*Problem details*:
Each line below with the word "refl" needs to be copied.

*Stored records*:

——————————

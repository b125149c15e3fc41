-- ===== src/Schedule/Kernels/Tests.antt =====
-- A kernel whose first input is missing.
use my_nn_engine.Prelude.{ℕ, ◌≡◌, refl, [], ◌∷◌, Option, none, some, get_elem?}
use my_nn_engine.Graph.Operator.{identity}
use my_nn_engine.Schedule.Kernels.{Kernel, opaque, input_ptr_map}
use my_nn_engine.Schedule.Kernels.Arguments.{Points, input_ptr_map-Points}

abbrev sample : Kernel
sample = record { inputs = none ∷ some 7 ∷ []; outputs = 3 ∷ []; body = opaque identity }

input_ptr_map-Points_example :
    (position : Option ℕ) × (get_elem? (input_ptr_map sample) 1 ≡ some position)
    × Points (3 ∷ 7 ∷ []) (some 7) position
input_ptr_map-Points_example = input_ptr_map-Points sample 1 (some 7) refl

——————————

*Result*:
use my_nn_engine.Prelude.{ℕ, ◌≡◌, refl, [], ◌∷◌, Option, none, some, get_elem?}
input_ptr_map-Points_example = input_ptr_map-Points sample 1 (some 7) refl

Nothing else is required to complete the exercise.